Pagi itu, mentari menyelinap lembut di antara dedaunan, menerangi halaman rumah kecil tempat Ara tinggal. Gadis berusia 16 tahun itu memulai harinya seperti biasa: menyapu halaman, membantu ibunya menyiapkan sarapan, dan bersiap-siap untuk sekolah. Namun, ada yang berbeda hari itu. Kata-kata Bu Fatimah, guru agamanya, terus terngiang di pikirannya.
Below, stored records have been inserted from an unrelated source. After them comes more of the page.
-- ===== src/Framing/Lines.antt =====
-- The verdict on a text line does not change when more bytes arrive behind it, as long as the
-- text is shorter than the bound of 4096 bytes.
use neo_gnss_observatory.Base.{ℕ, zero, suc, ◌+◌, ◌-◌, ◌≤◌, ◌<◌, ◌≡◌, ◌≢◌, refl, sym, ap, ◌∙◌, List}
use neo_gnss_observatory.Base.{
  [], ◌∷◌, ◌++◌, arith, ltb, if◌then◌else◌, true, false, Bool, length, drop, ◌&&◌,
}
use neo_gnss_observatory.Base.{length-append, slice-append, drop-append, length-drop, ◌==◌}
use neo_gnss_observatory.Frame.{FrameHeader}
use neo_gnss_observatory.Framing.{
  at, Verdict, wait, invalid, found, text_run, field_run, nmea_accepts, nmea_line, text_length,
  comma_position, examine_nmea,
}
use neo_gnss_observatory.Framing.Binary.{at-append}

pub text_run-le : (k : ℕ) (xs : List ℕ) → (text_run k xs ≤ k) × (text_run k xs ≤ length xs)
unfolding text_run
text_run-le zero xs = omega arith
text_run-le (suc k) [] = omega arith
text_run-le (suc k) (x ∷ xs) = ground (arith, text_run-le k xs)

-- A run that ends before its bound and before the bytes do is not made longer.
pub text_run-append :
    (k : ℕ) (xs ys : List ℕ)
    → text_run k xs < k
    → text_run k xs < length xs
    → text_run k (xs ++ ys) ≡ text_run k xs
unfolding text_run
text_run-append zero xs ys h l = refl
text_run-append (suc k) [] ys h l = absurd (omega arith)
text_run-append (suc k) (x ∷ xs) ys h l = ground (arith, text_run-append k xs ys)

pub text_run_mono : (k : ℕ) (xs ys : List ℕ) → text_run k xs ≤ text_run k (xs ++ ys)
unfolding text_run
text_run_mono zero xs ys = omega arith
text_run_mono (suc k) [] ys = omega arith
text_run_mono (suc k) (x ∷ xs) ys = ground (arith, text_run_mono k xs ys)

field_run-append :
    (k : ℕ) (xs ys : List ℕ) → k ≤ length xs → field_run k (xs ++ ys) ≡ field_run k xs
unfolding field_run
field_run-append zero xs ys h = refl
field_run-append (suc k) [] ys h = absurd (omega arith)
field_run-append (suc k) (x ∷ xs) ys h = ground (arith, field_run-append k xs ys)

field_run-le : (k : ℕ) (xs : List ℕ) → field_run k xs ≤ k
unfolding field_run
field_run-le zero xs = omega arith
field_run-le (suc k) [] = omega arith
field_run-le (suc k) (x ∷ xs) = ground (arith, field_run-le k xs)

module _ (p q : List ℕ) (n comma : ℕ) (crlf : Bool) (some_byte : 1 ≤ length p)
    (inside : n ≤ length p) (before : comma ≤ n) where
  nmea_accepts-append : nmea_accepts (p ++ q) n comma crlf ≡ nmea_accepts p n comma crlf
  unfolding nmea_accepts
  nmea_accepts-append = simp (
    slice-append 1 (comma - 1) p q (omega arith),
    slice-append 1 (n - 4) p q (omega arith),
    at-append p q (n - 3) (omega arith),
    at-append p q (n - 2) (omega arith),
    at-append p q (n - 1) (omega arith),
  )

  nmea_line-append : nmea_line (p ++ q) n comma crlf ≡ nmea_line p n comma crlf
  unfolding nmea_line
  nmea_line-append = simp (
    nmea_accepts-append,
    slice-append 1 (comma - 1) p q (omega arith),
    at-append p q 0 (omega arith),
  )

length-drop_one : (p : List ℕ) → 1 ≤ length p → length (drop 1 p) + 1 ≡ length p
length-drop_one p h = omega (arith, length-drop 1 p)

text_length-append :
    (p q : List ℕ)
    → 1 ≤ length p
    → text_length p < 4096
    → text_length p < length p
    → text_length (p ++ q) ≡ text_length p
text_length-append p q h l inside =
    let e = text_run-append 4095 (drop 1 p) q (omega arith) (omega (arith, length-drop_one p h)) in
    rw (drop-append 1 p q h) (ap (λ t. 1 + t) e)

comma_position-append :
    (n : ℕ) (p q : List ℕ)
    → 1 ≤ length p
    → n ≤ length p
    → comma_position n (p ++ q) ≡ comma_position n p
comma_position-append n p q h inside =
    rw (drop-append 1 p q h)
      (ap (λ t. 1 + t) (field_run-append (n - 1) (drop 1 p) q (omega (arith, length-drop_one p h))))

comma_position-le : (n : ℕ) (p : List ℕ) → 1 ≤ n → comma_position n p ≤ n
comma_position-le n p h = omega (arith, field_run-le (n - 1) (drop 1 p))

text_length-le : (p : List ℕ) → 1 ≤ length p → text_length p ≤ length p
text_length-le p h = omega (arith, text_run-le 4095 (drop 1 p), length-drop_one p h)

-- The tests at the end of the text.
line_end : ℕ → List ℕ → Verdict
line_end n p =
    if (n == length p) && ltb n 4096
    then wait
    else if ltb n 4096 && at p n == b'\r' && (n + 1 == length p)
    then wait
    else nmea_line p n (comma_position n p)
        (ltb (n + 1) (length p) && at p n == b'\r' && at p (n + 1) == b'\n')

examine_nmea-line_end : (p : List ℕ) → examine_nmea p ≡ line_end (text_length p) p
unfolding examine_nmea line_end
examine_nmea-line_end p = refl

line_end-append :
    (n : ℕ) (p q : List ℕ)
    → 1 ≤ n
    → n < 4096
    → n ≤ length p
    → line_end n p ≢ wait
    → (n < length p) × (line_end n (p ++ q) ≡ line_end n p)
unfolding line_end
line_end-append n p q h l inside ne =
    let some_byte : 1 ≤ length p = omega arith in
    let c = comma_position n p in
    let before : c ≤ n = comma_position-le n p h in
    (
      ground arith,
      ground (
        arith,
        length-append p q,
        at-append p q n,
        at-append p q (n + 1),
        comma_position-append n p q some_byte inside,
        nmea_line-append p q n c true some_byte inside before,
        nmea_line-append p q n c false some_byte inside before,
      ),
    )

pub examine_nmea-append :
    (p q : List ℕ)
    → 1 ≤ length p
    → text_length p < 4096
    → examine_nmea p ≢ wait
    → examine_nmea (p ++ q) ≡ examine_nmea p
examine_nmea-append p q h l ne =
    let n = text_length p in
    let (inside, same) =
      line_end-append n p q (omega arith) l (text_length-le p h)
        (λ e. ne (examine_nmea-line_end p ∙ e)) in
    examine_nmea-line_end (p ++ q)
    ∙ ap (λ t. line_end t (p ++ q)) (text_length-append p q h l inside)
    ∙ same
    ∙ sym (examine_nmea-line_end p)

pub examine_nmea-found :
    (p : List ℕ) {h : FrameHeader} {len start count : ℕ}
    → examine_nmea p ≡ found h len start count
    → (1 ≤ len) × (len ≤ length p)
unfolding examine_nmea nmea_line nmea_accepts
examine_nmea-found p e = ground arith

pub examine_nmea-invalid : (p : List ℕ) {n : ℕ} → examine_nmea p ≡ invalid n → n ≡ 1
unfolding examine_nmea nmea_line
examine_nmea-invalid p e = ground arith
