-- ===== src/Framing/Stable.antt =====
-- The verdict on what stands at a position, once it is not `wait`, is final: bytes that arrive
-- later do not change it. The one exception is a text line that reaches the bound of 4096 bytes.
use neo_gnss_observatory.Base.{ℕ, ◌≤◌, ◌<◌, ◌≡◌, ◌≢◌, List, ◌++◌, arith, length}
use neo_gnss_observatory.Base.{length-append, true}
use neo_gnss_observatory.Frame.{FrameHeader}
use neo_gnss_observatory.Framing.{
  at, is_delimiter, wait, invalid, found, is_ubx, is_sbf, is_rtcm, text_length, examine,
}
use neo_gnss_observatory.Framing.Binary.{
  at-append, examine_binary-append, examine_binary-found, examine_binary-invalid,
}
use neo_gnss_observatory.Framing.Lines.{
  examine_nmea-append, examine_nmea-found, examine_nmea-invalid,
}

-- A text line that starts here is shorter than the bound.
abbrev pub IsShortLine : List ℕ → Type 0
IsShortLine p = is_delimiter (at p 0) ≡ true → text_length p < 4096

pub examine-append :
    (p q : List ℕ) → 1 ≤ length p → IsShortLine p → examine p ≢ wait → examine (p ++ q) ≡ examine p
unfolding examine
examine-append p q h short ne = ground (
  arith,
  length-append p q,
  at-append p q 0,
  at-append p q 1,
  examine_nmea-append p q h,
  examine_binary-append is_ubx p q,
  examine_binary-append is_sbf p q,
  examine_binary-append is_rtcm p q,
)

pub examine-found :
    (p : List ℕ) {h : FrameHeader} {len start count : ℕ}
    → examine p ≡ found h len start count
    → (1 ≤ len) × (len ≤ length p)
unfolding examine
examine-found p {h} {len} {start} {count} e = ground (
  arith,
  examine_nmea-found p {h = h} {len = len} {start = start} {count = count},
  examine_binary-found is_ubx p {h = h} {len = len} {start = start} {count = count},
  examine_binary-found is_sbf p {h = h} {len = len} {start = start} {count = count},
  examine_binary-found is_rtcm p {h = h} {len = len} {start = start} {count = count},
)

pub examine-invalid :
    (p : List ℕ) {n : ℕ} → 1 ≤ length p → examine p ≡ invalid n → (1 ≤ n) × (n ≤ length p)
unfolding examine
examine-invalid p {n} h e = ground (
  arith,
  examine_nmea-invalid p {n = n},
  examine_binary-invalid is_ubx p {n = n},
  examine_binary-invalid is_sbf p {n = n},
  examine_binary-invalid is_rtcm p {n = n},
)
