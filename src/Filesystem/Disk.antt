-- ===== src/Filesystem/Disk.antt =====
-- server/filesystem/disk_space.go, disk_space_unix.go and disk_space_guard_windows.go: the cached disk
-- usage, the checks against the limit, and the reservation of space.
-- Time is an argument, in nanoseconds; a walk of the file system is an argument too.
pub mod Cache
pub mod Reserve
pub mod HardLinks
use Prim.Native.Nat.{max}
use feathers.Prelude.{
  ℕ, ◌+◌, ◌*◌, ◌/◌, ◌<◌, Bool, true, false, not, ◌&&◌, ◌||◌, Option, none, some, List, [], ◌∷◌, ltb,
  leb, ◌==◌, if◌then◌else◌,
}
use feathers.Prelude.Int.{ℤ, pos, leb_ℤ, eqb_ℤ, ◌+ℤ◌, wrap64}
use feathers.Quota.{Quota, set_limit, set_usage, add, can_fit}

pub record Filesystem : Type 0 where
  pub quota : Quota
  pub check_interval : ℕ  -- seconds
  pub last_lookup : ℕ
  pub lookup_in_progress : Bool

-- What a walk over the data directory gives: a size, and whether it ended without an error.
pub record Walk : Type 0 where
  pub size : ℤ
  pub fine : Bool

-- The answer of `DiskUsage`: the state, the size, the error, and whether a lookup was started in the
-- background.
pub record Answer : Type 0 where
  pub fs : Filesystem
  pub size : ℤ
  pub fine : Bool
  pub started : Bool

abbrev pub second : ℕ
second = 1000000000

unfoldable pub max_disk : Filesystem → ℤ
max_disk fs = fs.quota.limit

unfoldable pub set_disk_limit : ℤ → Filesystem → Filesystem
unfolding set_limit
set_disk_limit i fs = record fs { quota = (set_limit i fs.quota).0 }

unfoldable pub cached_usage : Filesystem → ℤ
cached_usage fs = fs.quota.usage

-- The size is cached also after an error. The flag of a running lookup is down again at the end.
unfoldable pub update_cached_disk_usage : ℕ → Walk → Filesystem → Answer
unfolding set_usage
update_cached_disk_usage now w fs = record {
  fs = record fs {
    quota = (set_usage w.size fs.quota).0;
    last_lookup = now;
    lookup_in_progress = false;
  };
  size = w.size;
  fine = w.fine;
  started = false;
}

-- `lastLookupTime.Get().After(now - interval)`
unfoldable pub is_fresh : ℕ → Filesystem → Bool
is_fresh now fs = ltb now (fs.last_lookup + second * fs.check_interval)

cached : Filesystem → Bool → Answer
cached fs b = record { fs = fs; size = fs.quota.usage; fine = true; started = b }

unfoldable pub disk_usage : Bool → ℕ → Walk → Filesystem → Answer
unfolding update_cached_disk_usage is_fresh cached
disk_usage allow_stale now w fs =
    if fs.check_interval == 0
    then record { fs = fs; size = pos 0; fine = true; started = false }
    else if is_fresh now fs
    then cached fs false
    else if not allow_stale
    then update_cached_disk_usage now w fs
    else cached fs (not fs.lookup_in_progress)

-- `HasSpaceAvailable`: the state and the answer. `headroom` is that of the volume.
unfoldable pub has_space_available : Bool → ℕ → Walk → Bool → Filesystem → Filesystem × Bool
unfolding disk_usage
has_space_available allow_stale now w headroom fs =
    let a = disk_usage allow_stale now w fs in
    (
      a.fs,
      if not headroom
          then false
          else if eqb_ℤ a.fs.quota.limit (pos 0)
          then true
          else leb_ℤ a.size a.fs.quota.limit,
    )

pub data Error : Type 0 where
  disk_space : Error

unfoldable pub has_space_err : Bool → ℕ → Walk → Bool → Filesystem → Filesystem × Option Error
unfolding has_space_available
has_space_err allow_stale now w headroom fs =
    let (fs', room) = has_space_available allow_stale now w headroom fs in
    (fs', if not room then some disk_space else none)

unfoldable pub has_space_for : ℤ → Filesystem → Option Error
unfolding can_fit
has_space_for size fs = if not (can_fit size fs.quota) then some disk_space else none

unfoldable pub reserve_disk : ℤ → Filesystem → Filesystem × Option Error
unfolding has_space_for add
reserve_disk size fs = if leb_ℤ size (pos 0) then (fs, none) else elim (has_space_for size fs) [
  | some e ↦ (fs, some e)
  | none ↦ (record fs { quota = (add size fs.quota).0 }, none)
]

unfoldable pub adjust_disk : ℤ → Filesystem → Filesystem × ℤ
unfolding add
adjust_disk size fs =
    let (q, next) = add size fs.quota in
    if eqb_ℤ size (pos 0) then (fs, fs.quota.usage) else (record fs { quota = q }, next)

unfoldable pub add_disk : ℤ → Filesystem → Filesystem × ℤ
unfolding add
add_disk i fs = let (q, next) = add i fs.quota in (record fs { quota = q }, next)

-- One entry that the walk of `DirectorySize` meets.
pub record Entry : Type 0 where
  pub regular : Bool
  pub links : ℕ
  pub inode : ℕ
  pub bytes : ℕ

contains : List ℕ → ℕ → Bool
contains [] i = false
contains (j ∷ js) i = j == i || contains js i

-- The callback of `DirectorySize` on Unix over the entries of the walk, with the inodes of hard links
-- seen so far. The sum is taken to be below 2 ^ 63.
unfoldable pub directory_size : List Entry → List ℕ → ℕ
unfolding contains
directory_size [] seen = 0
directory_size (e ∷ es) seen =
    let linked = ltb 1 e.links in
    let repeated = linked && contains seen e.inode in
    let rest =
      directory_size es (if e.regular && linked && not repeated then e.inode ∷ seen else seen) in
    if e.regular && not repeated then e.bytes + rest else rest

abbrev pub volume_reserve_min : ℕ
volume_reserve_min = 2 * 1024 * 1024 * 1024

abbrev pub volume_reserve_max : ℕ
volume_reserve_max = 25 * 1024 * 1024 * 1024

-- `volumeHasHeadroom` on Windows: the free and the total bytes, or no answer from the system.
unfoldable pub volume_has_headroom : Option (ℕ × ℕ) → Bool
volume_has_headroom none = true
volume_has_headroom (some (free, total)) =
    let reserve = total / 100 in
    ltb
      (if ltb reserve volume_reserve_min
        then volume_reserve_min
        else if ltb volume_reserve_max reserve
        then volume_reserve_max
        else reserve)
      free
“Anak-anak, shalat duha itu istimewa. Waktu yang seolah kecil dalam sehari, tapi bisa membuka pintu rezeki yang luas dan mendekatkan kita kepada Allah. Cobalah lakukan dengan ikhlas, dan lihat bagaimana hidup kalian berubah,” ucap Bu Fatimah kemarin di kelas.
Ara mengangguk mendengar penjelasan itu, tapi jauh di lubuk hatinya ia bertanya-tanya. Benarkah sesederhana itu? Akankah doa-doaku terkabul hanya dengan shalat duha?
Ara hidup dalam kesederhanaan. Ayahnya seorang Buruh tani , dan ibunya hanya seorang penjual gorengan depan rumahnya, uang yang mereka miliki tak cukup untuk memenuhi kebutuhan sekolahnya. Ara sering menahan rasa malu saat teman-temannya membawa bekal yang lebih mewah atau mengenakan seragam baru, sementara seragamnya sudah lusuh.
Namun, pagi itu ia merasa ingin mencoba sesuatu yang berbeda. Setelah menyelesaikan pekerjaan rumahnya, Ara mengambil wudhu, mengenakan mukena putihnya, dan membentangkan sajadah di sudut rumah yang sepi.
“Allahu Akbar,” ucapnya pelan, mengangkat tangan dengan penuh harap.
Setiap gerakan dalam shalat duha itu ia lakukan dengan hati yang tulus. Dalam sujudnya, Ara memanjatkan doa sederhana, “Ya Allah, mudahkanlah rezeki keluargaku, dan berikan aku kekuatan untuk terus belajar.”
Hari itu Ara pergi ke sekolah dengan perasaan yang lebih tenang. Ia tidak berharap langsung ada keajaiban, tapi hatinya lega telah mencoba.
Hari-hari berlalu, dan Ara mulai rutin melaksanakan shalat duha. Setiap kali ia menghamparkan sajadah di pagi hari, ada kedamaian yang menjalar di hatinya. Ia mulai melihat kehidupan dari sudut yang berbeda.
Suatu pagi, setelah selesai shalat duha, Ara melihat ibunya duduk di ruang tamu dengan wajah bahagia.
“Ara, tadi ada tetangga kita, Pak Hadi, yang datang. Dia memesan gorengan untuk acara pengajian di rumahnya minggu depan. Pesanannya banyak sekali, ini rezeki besar untuk kita!” ujar ibunya dengan senyum lebar.
Ara ikut tersenyum. Ia teringat doanya setiap pagi. Mungkin ini jawaban kecil dari Allah? pikirnya.
Bukan hanya itu. Seiring waktu, Ara mulai merasa bahwa pintu-pintu kebaikan semakin terbuka. Suatu hari, ia dipanggil oleh kepala sekolah setelah upacara.
“Ara, kami ingin memberimu beasiswa. Prestasimu luar biasa, dan kami ingin membantumu agar terus bisa belajar tanpa terkendala biaya,” kata kepala sekolah dengan penuh bangga.
Air mata Ara mengalir pelan. Ia tak bisa berkata-kata, tapi dalam hatinya ia tahu, ini adalah buah dari keyakinan dan usahanya.
Kini, Ara tidak pernah melewatkan shalat duha. Ia menyadari bahwa shalat duha bukan sekadar ibadah, melainkan momen untuk mendekatkan diri kepada Allah, menyampaikan segala harapan, dan bersyukur atas nikmat yang kecil maupun besar.
Setiap kali ia bercerita kepada teman-temannya tentang shalat duha, ia berkata, “Shalat duha bukan hanya soal meminta rezeki, tapi soal bagaimana kita menyerahkan semua urusan kepada Allah. Kalau hati kita yakin, Allah pasti memberi jalan.”
Pagi yang dulu terasa biasa kini menjadi waktu paling berharga bagi Ara. Ia menemukan kekuatan di dalamnya, sebuah cahaya yang terus menerangi langkah hidupnya.
Karena di setiap sujud duha, ada harapan yang terbungkus doa dan keyakinan yang akan menyambut rezeki dari langit.